◆ Exercise instructions ◆
Of the entries below, return only those lines from the line with "bind-eq_ok (check_absent (find_ticket" to the line with "let e_bank : w'.bank ≡ r.2 = cc in", exactly, both included.

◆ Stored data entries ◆
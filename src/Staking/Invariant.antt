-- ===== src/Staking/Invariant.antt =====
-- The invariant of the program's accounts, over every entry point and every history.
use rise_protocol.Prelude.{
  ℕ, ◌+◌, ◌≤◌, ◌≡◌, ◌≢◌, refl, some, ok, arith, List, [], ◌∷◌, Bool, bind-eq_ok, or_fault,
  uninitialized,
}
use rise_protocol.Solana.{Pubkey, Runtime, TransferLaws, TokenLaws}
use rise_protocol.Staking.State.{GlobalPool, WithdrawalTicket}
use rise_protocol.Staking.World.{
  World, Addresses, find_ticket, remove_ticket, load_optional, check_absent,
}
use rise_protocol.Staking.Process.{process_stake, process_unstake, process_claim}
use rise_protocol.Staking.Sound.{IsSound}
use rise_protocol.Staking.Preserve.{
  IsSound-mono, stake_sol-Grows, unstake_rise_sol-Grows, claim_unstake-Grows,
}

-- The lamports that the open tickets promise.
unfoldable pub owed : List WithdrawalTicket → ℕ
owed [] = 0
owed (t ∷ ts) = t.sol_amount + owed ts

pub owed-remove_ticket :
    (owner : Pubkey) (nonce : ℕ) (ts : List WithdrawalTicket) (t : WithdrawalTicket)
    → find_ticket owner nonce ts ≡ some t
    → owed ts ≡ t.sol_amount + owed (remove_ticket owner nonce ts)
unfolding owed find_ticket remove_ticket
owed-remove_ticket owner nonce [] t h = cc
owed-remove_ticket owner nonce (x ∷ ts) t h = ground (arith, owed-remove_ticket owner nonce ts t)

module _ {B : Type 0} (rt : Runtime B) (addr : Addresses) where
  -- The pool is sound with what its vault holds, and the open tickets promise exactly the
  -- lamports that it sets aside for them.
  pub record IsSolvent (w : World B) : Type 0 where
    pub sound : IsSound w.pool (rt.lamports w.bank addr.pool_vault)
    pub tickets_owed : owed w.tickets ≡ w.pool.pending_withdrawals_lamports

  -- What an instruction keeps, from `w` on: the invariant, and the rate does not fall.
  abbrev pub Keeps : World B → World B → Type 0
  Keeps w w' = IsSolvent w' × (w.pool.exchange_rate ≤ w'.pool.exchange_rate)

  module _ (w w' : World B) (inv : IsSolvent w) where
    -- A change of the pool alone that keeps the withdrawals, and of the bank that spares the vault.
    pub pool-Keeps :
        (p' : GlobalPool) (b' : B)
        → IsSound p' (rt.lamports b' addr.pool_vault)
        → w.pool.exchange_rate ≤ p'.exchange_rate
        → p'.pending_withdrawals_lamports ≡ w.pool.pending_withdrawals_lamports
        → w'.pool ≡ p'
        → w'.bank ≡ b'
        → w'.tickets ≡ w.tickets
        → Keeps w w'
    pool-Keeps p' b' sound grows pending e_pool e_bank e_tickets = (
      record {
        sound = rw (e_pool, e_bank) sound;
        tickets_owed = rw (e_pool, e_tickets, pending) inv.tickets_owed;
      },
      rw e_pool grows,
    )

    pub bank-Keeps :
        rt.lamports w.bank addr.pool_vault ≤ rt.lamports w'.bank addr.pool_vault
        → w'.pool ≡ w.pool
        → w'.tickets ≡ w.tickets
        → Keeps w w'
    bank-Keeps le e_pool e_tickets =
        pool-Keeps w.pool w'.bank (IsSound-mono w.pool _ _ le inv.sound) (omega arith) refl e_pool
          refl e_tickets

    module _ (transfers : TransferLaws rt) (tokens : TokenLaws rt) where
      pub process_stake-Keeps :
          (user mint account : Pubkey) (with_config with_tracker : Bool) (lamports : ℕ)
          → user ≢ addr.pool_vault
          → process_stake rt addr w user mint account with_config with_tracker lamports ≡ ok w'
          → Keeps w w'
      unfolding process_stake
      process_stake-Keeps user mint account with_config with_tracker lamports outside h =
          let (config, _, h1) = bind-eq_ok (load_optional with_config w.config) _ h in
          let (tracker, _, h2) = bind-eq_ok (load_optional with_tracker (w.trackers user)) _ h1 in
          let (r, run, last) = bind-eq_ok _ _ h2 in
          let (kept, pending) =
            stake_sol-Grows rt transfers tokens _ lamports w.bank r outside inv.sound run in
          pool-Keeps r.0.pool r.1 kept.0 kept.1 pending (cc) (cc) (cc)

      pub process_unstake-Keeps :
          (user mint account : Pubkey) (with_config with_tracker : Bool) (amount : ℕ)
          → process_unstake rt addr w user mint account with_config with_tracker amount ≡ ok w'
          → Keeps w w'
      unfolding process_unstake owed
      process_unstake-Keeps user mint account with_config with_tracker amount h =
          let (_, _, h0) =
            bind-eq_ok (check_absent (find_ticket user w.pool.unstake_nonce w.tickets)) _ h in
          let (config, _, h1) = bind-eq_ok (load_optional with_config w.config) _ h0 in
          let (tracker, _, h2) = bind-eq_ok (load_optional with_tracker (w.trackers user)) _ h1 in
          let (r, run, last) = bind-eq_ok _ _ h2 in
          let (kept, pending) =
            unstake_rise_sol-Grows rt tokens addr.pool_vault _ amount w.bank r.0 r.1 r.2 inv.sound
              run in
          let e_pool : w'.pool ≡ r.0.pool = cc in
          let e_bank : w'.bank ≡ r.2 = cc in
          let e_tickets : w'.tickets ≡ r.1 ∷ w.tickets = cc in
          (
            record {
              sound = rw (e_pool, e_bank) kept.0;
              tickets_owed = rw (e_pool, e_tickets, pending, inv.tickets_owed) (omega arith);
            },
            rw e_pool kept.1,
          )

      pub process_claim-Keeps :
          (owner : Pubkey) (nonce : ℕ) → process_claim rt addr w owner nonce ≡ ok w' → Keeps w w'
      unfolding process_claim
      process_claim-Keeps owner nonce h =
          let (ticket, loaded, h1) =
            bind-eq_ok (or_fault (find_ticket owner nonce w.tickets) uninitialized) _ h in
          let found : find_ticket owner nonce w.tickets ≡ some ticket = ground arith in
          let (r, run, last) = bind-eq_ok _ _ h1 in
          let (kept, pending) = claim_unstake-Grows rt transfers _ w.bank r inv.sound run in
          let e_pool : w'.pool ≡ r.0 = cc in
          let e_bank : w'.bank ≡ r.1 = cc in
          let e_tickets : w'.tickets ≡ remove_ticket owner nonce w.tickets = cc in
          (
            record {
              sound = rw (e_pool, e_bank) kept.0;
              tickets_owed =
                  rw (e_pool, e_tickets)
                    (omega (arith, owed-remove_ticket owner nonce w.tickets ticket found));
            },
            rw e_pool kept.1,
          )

--

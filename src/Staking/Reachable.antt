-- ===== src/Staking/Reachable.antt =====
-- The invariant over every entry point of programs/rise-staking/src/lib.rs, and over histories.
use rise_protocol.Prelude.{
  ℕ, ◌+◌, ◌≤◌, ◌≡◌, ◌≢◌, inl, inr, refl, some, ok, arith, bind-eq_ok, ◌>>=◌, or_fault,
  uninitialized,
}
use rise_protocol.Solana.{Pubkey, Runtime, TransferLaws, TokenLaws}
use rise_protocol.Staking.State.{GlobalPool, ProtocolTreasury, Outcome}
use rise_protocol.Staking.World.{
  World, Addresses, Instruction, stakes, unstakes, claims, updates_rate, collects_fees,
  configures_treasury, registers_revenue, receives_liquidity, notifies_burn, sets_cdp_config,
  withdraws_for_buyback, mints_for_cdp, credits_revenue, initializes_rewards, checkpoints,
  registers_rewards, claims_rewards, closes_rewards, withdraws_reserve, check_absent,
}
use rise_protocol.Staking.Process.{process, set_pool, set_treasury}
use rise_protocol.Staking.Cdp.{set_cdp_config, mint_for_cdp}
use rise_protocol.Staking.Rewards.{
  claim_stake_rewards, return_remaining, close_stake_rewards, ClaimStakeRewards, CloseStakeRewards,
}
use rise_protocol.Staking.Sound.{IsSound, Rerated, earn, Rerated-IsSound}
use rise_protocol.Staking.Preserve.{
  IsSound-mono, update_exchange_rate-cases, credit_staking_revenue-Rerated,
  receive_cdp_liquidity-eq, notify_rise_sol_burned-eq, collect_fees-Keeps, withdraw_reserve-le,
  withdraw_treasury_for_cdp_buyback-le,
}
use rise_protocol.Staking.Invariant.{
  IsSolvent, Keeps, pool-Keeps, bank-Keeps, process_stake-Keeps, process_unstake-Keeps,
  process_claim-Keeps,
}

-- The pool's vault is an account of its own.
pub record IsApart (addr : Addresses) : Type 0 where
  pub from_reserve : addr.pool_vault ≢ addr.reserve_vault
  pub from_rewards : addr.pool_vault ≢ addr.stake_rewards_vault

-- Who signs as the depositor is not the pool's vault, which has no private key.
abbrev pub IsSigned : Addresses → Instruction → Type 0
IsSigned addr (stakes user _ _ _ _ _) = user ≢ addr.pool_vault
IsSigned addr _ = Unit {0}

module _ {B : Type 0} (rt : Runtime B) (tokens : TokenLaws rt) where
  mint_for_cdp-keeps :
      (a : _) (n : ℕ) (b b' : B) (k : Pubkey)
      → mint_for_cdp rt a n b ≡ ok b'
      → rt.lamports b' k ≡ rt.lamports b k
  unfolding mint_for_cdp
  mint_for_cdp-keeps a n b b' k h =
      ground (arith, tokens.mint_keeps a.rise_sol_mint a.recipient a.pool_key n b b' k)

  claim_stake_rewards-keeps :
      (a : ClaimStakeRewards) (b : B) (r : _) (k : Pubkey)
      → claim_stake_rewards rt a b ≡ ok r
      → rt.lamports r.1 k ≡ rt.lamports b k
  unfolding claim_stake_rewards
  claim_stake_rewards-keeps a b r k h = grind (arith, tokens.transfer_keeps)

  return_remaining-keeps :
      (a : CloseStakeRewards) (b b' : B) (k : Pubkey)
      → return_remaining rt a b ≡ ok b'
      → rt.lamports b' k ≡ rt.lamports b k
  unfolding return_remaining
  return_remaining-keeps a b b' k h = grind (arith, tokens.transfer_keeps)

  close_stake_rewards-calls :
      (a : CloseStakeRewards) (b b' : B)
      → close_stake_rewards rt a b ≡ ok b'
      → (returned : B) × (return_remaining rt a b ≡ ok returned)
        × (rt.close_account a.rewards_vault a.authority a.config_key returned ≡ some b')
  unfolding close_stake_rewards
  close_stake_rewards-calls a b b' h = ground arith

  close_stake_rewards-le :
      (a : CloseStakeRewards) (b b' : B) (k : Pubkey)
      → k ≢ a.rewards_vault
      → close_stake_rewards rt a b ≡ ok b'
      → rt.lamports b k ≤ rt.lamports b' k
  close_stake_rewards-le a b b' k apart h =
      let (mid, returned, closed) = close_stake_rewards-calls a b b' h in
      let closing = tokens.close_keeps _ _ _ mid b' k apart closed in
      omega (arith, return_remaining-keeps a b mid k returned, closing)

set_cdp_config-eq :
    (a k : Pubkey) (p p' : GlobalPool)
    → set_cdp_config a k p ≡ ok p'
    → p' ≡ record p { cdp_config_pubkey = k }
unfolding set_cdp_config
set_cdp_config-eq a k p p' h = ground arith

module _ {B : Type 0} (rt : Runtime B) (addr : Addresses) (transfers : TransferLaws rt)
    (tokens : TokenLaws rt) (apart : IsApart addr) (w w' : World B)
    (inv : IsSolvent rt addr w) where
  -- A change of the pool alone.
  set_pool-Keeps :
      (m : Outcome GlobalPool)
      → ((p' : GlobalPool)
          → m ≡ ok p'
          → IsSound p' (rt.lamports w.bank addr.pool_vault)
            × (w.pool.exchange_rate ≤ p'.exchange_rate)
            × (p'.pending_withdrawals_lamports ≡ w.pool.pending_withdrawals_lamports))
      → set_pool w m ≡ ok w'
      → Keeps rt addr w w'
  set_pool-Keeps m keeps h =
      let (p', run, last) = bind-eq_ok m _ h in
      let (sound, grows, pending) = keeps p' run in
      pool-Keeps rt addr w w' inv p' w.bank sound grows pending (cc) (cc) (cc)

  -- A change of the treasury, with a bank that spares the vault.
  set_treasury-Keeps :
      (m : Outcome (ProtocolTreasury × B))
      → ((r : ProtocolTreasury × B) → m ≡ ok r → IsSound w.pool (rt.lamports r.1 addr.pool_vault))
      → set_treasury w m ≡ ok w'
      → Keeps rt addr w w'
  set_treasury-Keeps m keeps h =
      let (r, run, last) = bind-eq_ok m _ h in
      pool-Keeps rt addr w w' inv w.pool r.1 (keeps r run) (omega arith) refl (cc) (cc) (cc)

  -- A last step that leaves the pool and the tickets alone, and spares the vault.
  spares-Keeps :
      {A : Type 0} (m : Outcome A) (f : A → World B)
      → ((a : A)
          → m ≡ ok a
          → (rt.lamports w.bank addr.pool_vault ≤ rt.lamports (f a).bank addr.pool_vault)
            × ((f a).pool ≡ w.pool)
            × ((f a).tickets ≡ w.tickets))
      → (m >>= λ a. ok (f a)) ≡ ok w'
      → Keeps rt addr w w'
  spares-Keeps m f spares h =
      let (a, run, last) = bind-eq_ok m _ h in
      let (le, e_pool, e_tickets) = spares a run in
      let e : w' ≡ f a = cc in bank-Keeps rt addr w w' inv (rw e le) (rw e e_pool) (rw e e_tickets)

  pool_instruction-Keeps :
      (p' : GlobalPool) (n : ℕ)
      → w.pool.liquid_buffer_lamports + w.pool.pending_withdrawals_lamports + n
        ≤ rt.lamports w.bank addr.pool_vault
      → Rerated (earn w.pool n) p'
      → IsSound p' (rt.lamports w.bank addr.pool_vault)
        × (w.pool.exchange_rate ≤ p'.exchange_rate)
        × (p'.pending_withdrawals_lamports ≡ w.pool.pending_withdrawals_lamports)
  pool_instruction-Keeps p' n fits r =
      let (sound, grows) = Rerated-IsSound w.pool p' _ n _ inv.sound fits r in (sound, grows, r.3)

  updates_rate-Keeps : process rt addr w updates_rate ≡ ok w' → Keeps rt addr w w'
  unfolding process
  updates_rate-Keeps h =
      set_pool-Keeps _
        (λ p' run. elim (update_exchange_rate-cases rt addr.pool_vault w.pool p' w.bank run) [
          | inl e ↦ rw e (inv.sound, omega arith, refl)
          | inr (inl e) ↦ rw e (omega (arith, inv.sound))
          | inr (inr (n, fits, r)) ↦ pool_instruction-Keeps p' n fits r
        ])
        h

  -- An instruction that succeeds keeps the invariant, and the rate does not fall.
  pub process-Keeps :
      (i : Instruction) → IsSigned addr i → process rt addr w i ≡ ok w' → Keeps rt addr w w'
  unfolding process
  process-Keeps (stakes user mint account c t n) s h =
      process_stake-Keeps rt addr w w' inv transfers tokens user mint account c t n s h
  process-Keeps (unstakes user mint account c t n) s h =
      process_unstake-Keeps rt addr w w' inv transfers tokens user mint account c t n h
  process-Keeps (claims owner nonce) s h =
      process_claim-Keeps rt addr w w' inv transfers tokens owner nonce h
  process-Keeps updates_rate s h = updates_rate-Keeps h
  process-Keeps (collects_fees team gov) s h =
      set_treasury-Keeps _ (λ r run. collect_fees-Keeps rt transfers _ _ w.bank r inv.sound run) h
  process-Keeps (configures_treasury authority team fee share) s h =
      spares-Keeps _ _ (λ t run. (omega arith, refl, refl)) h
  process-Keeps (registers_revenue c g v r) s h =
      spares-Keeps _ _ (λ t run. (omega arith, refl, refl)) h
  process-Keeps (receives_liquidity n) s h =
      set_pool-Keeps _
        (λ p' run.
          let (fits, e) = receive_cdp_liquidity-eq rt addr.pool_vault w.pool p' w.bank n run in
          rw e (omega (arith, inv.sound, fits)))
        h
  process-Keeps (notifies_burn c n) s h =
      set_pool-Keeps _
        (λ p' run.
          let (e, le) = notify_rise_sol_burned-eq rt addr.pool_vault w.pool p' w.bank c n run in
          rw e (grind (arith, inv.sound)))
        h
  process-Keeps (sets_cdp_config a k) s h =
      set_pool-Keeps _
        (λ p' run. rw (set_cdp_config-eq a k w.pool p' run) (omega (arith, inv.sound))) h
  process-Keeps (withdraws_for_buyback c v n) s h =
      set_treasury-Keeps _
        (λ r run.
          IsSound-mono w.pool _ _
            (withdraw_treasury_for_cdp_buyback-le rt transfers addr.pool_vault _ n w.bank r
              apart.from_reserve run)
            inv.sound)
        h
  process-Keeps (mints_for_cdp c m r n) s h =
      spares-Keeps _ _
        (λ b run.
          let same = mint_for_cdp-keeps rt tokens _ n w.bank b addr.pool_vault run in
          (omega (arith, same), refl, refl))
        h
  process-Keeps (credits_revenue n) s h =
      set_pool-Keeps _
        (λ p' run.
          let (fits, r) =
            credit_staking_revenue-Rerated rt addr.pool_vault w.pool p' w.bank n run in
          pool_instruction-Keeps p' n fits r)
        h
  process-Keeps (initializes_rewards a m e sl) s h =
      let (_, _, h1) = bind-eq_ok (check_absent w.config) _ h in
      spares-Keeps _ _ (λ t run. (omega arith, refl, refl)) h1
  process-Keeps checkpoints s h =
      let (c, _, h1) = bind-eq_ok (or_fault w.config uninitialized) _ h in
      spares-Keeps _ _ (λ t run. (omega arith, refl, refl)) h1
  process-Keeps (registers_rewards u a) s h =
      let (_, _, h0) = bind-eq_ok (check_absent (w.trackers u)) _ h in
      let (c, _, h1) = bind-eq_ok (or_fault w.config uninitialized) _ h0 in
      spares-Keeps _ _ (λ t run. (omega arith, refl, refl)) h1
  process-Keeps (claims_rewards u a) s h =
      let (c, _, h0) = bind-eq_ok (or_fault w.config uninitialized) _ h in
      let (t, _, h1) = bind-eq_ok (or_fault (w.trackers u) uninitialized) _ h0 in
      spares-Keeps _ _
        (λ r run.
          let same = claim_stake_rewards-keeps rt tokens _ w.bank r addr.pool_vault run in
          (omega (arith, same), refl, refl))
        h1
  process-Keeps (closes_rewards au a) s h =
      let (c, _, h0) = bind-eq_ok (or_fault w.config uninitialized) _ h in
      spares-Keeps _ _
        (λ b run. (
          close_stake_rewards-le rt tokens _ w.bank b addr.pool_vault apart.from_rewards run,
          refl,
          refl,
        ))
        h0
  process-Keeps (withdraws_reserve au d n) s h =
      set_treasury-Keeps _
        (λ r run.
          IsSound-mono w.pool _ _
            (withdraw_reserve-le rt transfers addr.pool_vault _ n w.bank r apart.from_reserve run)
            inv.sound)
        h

◆ Task result ◆
            bind-eq_ok (check_absent (find_ticket user w.pool.unstake_nonce w.tickets)) _ h in
          let (config, _, h1) = bind-eq_ok (load_optional with_config w.config) _ h0 in
          let (tracker, _, h2) = bind-eq_ok (load_optional with_tracker (w.trackers user)) _ h1 in
          let (r, run, last) = bind-eq_ok _ _ h2 in
          let (kept, pending) =
            unstake_rise_sol-Grows rt tokens addr.pool_vault _ amount w.bank r.0 r.1 r.2 inv.sound
              run in
          let e_pool : w'.pool ≡ r.0.pool = cc in
          let e_bank : w'.bank ≡ r.2 = cc in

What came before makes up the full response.